* PROVIDED RECORDS *
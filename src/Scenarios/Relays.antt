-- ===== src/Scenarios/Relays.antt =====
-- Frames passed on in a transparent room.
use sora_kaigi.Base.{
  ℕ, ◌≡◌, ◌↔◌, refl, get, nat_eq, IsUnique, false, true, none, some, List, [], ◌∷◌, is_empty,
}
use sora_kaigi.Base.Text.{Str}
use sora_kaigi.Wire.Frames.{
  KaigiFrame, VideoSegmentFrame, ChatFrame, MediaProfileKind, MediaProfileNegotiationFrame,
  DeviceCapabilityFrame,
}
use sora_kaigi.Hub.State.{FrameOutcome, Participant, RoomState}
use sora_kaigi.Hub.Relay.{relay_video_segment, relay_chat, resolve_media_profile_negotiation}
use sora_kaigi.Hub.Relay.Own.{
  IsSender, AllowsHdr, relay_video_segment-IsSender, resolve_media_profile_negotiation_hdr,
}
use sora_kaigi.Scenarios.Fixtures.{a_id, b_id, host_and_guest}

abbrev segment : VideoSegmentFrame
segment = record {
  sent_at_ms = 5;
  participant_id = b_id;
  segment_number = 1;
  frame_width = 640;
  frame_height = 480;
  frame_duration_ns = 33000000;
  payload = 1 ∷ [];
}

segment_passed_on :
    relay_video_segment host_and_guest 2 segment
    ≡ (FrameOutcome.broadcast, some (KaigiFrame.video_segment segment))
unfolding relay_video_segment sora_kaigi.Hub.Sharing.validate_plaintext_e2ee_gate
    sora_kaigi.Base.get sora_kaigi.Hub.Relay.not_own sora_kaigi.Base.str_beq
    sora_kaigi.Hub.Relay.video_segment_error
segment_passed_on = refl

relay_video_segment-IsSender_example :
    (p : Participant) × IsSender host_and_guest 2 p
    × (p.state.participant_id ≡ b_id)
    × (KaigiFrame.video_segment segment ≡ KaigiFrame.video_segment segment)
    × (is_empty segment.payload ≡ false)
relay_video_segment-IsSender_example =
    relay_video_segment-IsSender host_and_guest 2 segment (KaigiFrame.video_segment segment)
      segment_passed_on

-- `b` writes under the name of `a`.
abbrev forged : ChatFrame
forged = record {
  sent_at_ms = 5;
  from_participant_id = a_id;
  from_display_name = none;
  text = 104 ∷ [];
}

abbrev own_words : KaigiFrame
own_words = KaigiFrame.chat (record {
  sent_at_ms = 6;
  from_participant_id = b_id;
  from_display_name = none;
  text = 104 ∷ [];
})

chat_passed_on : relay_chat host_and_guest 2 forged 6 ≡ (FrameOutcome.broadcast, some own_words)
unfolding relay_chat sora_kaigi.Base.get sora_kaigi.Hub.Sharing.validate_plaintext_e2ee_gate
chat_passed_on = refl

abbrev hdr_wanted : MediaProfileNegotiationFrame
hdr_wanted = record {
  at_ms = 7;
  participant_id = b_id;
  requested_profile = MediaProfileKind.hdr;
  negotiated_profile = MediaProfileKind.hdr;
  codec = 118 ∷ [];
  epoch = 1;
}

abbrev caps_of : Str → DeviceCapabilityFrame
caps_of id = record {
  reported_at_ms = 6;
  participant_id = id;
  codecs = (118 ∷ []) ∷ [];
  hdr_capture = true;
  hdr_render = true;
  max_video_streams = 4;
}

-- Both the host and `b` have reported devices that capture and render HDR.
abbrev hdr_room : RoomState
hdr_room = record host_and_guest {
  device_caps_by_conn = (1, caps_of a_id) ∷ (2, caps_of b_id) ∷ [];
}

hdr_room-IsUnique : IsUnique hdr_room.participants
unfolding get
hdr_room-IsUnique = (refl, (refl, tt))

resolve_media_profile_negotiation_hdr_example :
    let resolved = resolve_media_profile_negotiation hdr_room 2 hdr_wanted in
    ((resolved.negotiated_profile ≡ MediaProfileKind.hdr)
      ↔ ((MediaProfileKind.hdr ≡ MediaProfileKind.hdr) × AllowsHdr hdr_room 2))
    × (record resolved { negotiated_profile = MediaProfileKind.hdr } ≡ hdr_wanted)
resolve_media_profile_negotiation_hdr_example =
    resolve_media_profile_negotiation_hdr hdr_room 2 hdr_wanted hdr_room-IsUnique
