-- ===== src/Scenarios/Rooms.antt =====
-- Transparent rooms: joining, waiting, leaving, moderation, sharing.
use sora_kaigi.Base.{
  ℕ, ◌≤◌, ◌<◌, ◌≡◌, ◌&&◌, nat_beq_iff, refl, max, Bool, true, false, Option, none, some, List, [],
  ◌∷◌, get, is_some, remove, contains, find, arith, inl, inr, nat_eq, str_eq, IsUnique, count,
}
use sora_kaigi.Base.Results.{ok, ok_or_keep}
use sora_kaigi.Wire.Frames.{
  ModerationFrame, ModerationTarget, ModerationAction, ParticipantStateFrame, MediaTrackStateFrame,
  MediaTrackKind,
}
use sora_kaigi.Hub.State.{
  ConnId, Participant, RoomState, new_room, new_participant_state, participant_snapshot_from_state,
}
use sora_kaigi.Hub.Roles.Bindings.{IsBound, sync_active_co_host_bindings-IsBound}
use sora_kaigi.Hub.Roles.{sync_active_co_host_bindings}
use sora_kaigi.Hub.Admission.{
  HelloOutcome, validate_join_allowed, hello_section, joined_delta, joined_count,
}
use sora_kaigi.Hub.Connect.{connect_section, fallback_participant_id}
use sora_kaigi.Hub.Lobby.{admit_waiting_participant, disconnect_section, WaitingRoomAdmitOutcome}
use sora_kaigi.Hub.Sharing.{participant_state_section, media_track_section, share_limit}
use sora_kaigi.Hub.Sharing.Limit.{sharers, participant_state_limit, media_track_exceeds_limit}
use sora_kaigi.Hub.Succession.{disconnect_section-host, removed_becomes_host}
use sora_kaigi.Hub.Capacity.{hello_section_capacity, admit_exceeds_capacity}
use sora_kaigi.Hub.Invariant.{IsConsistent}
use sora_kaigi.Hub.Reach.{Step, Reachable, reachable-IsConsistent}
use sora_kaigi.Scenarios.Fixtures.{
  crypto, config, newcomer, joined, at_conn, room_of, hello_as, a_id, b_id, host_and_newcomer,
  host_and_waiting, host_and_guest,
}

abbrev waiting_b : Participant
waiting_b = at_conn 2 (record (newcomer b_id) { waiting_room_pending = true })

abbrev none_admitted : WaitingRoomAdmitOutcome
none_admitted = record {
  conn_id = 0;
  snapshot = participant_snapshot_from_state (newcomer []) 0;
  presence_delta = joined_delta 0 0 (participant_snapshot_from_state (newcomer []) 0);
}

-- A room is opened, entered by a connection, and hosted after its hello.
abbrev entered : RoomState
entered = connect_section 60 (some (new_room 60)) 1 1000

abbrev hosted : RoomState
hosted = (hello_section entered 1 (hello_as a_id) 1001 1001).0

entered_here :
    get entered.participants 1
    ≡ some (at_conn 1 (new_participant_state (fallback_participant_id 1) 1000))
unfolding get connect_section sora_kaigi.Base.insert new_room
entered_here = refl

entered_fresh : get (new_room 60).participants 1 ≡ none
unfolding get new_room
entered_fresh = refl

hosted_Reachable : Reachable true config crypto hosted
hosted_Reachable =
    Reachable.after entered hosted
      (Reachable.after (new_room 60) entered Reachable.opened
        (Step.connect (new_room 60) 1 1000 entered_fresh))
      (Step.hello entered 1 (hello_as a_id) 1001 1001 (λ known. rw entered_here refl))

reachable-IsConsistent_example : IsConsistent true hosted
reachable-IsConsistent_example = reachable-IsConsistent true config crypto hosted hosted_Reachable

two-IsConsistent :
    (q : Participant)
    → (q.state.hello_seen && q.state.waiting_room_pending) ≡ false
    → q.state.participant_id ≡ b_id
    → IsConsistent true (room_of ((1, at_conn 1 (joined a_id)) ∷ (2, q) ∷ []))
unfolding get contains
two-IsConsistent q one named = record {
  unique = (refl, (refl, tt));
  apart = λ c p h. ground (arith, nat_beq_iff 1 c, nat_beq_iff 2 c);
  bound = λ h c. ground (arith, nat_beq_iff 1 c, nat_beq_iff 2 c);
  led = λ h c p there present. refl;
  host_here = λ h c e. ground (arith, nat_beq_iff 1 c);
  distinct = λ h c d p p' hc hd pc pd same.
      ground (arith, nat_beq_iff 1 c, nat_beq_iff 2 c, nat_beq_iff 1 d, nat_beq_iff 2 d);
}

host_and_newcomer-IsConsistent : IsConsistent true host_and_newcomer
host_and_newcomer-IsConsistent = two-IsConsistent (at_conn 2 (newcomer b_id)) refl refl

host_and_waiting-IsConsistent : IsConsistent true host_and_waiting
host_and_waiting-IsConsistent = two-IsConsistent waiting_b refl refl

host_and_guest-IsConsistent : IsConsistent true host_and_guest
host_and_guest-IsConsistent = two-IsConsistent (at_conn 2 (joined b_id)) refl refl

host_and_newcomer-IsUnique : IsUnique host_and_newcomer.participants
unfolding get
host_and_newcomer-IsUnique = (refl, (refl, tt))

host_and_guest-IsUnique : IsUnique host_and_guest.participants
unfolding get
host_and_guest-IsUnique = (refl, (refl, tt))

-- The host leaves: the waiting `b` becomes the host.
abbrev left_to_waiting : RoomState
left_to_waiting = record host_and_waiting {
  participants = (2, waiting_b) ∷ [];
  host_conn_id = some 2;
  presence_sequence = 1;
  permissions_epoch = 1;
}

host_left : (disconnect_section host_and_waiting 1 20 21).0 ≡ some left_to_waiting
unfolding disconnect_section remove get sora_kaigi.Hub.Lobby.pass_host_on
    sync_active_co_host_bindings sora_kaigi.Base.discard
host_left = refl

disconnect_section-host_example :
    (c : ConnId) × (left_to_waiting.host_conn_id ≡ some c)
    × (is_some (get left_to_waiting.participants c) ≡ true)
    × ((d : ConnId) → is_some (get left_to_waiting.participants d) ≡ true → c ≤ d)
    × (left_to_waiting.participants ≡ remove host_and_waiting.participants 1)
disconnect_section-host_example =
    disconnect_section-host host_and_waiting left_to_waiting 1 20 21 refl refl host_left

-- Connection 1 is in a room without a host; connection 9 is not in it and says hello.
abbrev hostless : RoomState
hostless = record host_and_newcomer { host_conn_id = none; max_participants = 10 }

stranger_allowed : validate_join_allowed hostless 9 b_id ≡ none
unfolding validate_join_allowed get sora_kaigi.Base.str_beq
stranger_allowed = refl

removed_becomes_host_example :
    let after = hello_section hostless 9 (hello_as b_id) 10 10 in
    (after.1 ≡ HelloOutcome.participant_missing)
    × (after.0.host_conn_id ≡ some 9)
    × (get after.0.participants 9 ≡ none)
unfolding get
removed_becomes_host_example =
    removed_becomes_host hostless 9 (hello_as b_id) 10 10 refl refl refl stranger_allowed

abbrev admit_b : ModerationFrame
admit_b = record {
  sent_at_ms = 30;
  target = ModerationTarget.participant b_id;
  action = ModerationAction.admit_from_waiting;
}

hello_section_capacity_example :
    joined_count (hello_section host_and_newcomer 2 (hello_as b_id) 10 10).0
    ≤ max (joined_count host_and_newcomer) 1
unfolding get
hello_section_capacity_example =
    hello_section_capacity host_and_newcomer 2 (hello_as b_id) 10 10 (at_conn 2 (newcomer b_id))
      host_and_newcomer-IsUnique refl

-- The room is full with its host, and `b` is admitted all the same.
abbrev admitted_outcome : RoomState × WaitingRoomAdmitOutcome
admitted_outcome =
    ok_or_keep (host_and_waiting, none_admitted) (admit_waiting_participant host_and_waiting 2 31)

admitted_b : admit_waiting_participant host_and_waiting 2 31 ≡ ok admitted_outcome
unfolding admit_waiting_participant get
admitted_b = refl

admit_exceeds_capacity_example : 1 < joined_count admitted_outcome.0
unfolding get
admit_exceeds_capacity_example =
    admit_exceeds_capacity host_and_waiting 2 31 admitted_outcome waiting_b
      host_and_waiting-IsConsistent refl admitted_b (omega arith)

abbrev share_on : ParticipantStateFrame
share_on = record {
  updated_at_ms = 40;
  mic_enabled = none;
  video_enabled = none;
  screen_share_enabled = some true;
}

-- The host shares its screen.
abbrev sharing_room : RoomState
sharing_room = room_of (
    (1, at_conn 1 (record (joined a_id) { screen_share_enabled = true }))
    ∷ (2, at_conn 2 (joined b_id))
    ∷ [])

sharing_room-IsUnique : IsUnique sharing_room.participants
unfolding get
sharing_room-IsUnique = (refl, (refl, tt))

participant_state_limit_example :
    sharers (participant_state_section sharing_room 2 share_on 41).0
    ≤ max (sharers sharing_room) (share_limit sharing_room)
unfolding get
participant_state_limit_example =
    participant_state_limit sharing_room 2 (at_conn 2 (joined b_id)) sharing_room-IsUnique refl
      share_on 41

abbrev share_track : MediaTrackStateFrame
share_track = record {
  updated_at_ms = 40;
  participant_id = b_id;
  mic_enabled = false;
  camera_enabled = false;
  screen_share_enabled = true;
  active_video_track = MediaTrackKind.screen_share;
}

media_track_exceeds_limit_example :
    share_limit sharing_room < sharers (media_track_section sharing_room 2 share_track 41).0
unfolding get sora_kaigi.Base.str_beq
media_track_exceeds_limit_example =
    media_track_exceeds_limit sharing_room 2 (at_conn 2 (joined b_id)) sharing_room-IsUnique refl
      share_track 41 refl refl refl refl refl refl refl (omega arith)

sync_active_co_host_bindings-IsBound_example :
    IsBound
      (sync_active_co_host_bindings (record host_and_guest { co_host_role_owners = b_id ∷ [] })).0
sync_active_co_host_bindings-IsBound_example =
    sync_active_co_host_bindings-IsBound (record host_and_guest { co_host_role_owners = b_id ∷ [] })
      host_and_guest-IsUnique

* DIRECTIONS *
What are the lines, exactly as written above, from the line with "ok_or_keep (host_and_waiting, none_admitted)" to the line with "-- The host shares its screen.", both included? Output only those.

* TASK RESPONSE *
    ok_or_keep (host_and_waiting, none_admitted) (admit_waiting_participant host_and_waiting 2 31)

admitted_b : admit_waiting_participant host_and_waiting 2 31 ≡ ok admitted_outcome
unfolding admit_waiting_participant get
admitted_b = refl

admit_exceeds_capacity_example : 1 < joined_count admitted_outcome.0
unfolding get
admit_exceeds_capacity_example =
    admit_exceeds_capacity host_and_waiting 2 31 admitted_outcome waiting_b
      host_and_waiting-IsConsistent refl admitted_b (omega arith)

abbrev share_on : ParticipantStateFrame
share_on = record {
  updated_at_ms = 40;
  mic_enabled = none;
  video_enabled = none;
  screen_share_enabled = some true;
}

-- The host shares its screen.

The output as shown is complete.